Work request
Give back each line of the listing below that contains the string "before".

________

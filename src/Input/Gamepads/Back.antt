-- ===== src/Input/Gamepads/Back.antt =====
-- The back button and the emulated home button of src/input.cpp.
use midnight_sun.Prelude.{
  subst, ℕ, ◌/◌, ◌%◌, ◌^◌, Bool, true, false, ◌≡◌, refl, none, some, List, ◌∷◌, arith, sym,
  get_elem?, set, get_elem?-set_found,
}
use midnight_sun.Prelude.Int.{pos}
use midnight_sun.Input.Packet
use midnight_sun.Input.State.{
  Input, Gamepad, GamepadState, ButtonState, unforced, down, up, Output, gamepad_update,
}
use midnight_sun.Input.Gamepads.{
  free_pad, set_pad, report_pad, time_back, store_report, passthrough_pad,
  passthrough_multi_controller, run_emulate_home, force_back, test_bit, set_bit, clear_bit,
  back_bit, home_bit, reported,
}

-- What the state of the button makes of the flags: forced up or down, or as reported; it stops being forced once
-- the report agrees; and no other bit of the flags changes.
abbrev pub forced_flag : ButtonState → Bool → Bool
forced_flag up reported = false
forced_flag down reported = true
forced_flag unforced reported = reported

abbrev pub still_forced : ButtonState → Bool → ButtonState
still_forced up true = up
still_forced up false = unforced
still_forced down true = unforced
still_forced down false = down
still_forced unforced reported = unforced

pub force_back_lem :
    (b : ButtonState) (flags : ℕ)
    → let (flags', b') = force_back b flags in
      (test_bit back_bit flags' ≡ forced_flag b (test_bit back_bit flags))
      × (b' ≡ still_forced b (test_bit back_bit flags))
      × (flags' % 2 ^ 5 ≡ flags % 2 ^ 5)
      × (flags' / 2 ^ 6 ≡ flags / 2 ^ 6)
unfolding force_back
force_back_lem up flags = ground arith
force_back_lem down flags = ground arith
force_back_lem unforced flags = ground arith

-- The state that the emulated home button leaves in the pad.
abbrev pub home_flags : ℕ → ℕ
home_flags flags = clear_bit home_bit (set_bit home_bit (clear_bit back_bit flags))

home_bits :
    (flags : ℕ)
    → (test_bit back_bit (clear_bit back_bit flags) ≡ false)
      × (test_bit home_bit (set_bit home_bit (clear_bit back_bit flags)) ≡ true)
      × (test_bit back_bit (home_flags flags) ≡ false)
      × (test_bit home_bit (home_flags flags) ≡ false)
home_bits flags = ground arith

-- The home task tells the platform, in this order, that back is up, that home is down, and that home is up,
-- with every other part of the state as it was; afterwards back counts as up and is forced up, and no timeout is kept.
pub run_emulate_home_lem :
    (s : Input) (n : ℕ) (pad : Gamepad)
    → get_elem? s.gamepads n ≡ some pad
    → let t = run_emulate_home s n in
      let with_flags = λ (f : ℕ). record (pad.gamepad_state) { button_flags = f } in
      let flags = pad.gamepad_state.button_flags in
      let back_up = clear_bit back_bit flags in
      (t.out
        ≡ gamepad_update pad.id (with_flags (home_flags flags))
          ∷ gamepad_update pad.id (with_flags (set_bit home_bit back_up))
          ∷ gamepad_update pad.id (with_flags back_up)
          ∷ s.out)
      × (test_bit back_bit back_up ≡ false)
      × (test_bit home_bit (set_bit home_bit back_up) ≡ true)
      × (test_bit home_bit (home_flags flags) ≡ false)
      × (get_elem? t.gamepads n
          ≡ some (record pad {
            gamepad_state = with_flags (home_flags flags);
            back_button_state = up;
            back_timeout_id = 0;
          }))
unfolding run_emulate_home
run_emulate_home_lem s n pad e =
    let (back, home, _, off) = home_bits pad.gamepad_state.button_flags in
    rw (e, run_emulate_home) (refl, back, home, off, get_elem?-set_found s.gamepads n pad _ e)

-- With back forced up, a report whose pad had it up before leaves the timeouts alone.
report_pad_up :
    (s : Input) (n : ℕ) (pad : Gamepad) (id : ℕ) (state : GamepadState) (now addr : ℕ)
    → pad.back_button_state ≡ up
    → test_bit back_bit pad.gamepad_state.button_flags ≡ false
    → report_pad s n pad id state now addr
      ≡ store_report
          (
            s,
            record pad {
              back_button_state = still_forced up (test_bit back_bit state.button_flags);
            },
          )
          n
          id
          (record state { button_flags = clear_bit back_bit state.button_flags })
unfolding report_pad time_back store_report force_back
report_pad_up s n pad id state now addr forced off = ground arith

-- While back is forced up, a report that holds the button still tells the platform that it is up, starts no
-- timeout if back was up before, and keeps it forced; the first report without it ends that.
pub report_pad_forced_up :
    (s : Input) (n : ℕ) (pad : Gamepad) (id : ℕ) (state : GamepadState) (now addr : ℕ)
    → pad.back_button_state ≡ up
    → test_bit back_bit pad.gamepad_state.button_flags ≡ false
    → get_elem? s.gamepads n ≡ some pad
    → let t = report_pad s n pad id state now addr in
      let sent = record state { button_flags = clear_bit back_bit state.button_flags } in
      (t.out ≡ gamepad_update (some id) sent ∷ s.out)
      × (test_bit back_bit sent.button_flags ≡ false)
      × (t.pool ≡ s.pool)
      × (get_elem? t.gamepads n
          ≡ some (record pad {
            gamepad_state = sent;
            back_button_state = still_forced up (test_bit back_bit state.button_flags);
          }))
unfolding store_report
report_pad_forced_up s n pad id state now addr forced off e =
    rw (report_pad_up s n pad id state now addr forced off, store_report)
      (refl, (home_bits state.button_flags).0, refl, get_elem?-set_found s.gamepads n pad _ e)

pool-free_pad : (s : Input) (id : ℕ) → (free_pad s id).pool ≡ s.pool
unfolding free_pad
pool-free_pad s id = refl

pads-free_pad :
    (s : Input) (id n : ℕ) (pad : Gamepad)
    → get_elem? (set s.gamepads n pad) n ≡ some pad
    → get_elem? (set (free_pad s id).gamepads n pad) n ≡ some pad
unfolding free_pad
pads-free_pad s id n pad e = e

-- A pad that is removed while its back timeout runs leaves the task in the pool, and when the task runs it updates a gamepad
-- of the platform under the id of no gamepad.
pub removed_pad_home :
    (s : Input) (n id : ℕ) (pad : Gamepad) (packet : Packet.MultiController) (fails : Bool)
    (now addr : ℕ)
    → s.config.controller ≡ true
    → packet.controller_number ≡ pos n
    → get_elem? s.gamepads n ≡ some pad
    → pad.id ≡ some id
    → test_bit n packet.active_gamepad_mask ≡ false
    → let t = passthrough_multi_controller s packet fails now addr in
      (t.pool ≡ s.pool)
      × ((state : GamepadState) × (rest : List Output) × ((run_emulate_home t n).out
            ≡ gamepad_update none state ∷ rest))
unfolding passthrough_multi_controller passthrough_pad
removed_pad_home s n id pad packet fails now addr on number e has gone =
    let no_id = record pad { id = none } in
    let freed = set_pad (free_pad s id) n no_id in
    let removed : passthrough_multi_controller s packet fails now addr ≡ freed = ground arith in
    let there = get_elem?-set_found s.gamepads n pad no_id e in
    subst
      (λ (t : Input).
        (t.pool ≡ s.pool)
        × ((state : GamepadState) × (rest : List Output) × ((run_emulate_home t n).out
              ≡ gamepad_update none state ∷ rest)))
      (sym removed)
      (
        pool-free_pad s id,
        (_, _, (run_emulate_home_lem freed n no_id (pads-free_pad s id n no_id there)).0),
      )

________

Result of the exercise
-- With back forced up, a report whose pad had it up before leaves the timeouts alone.
-- timeout if back was up before, and keeps it forced; the first report without it ends that.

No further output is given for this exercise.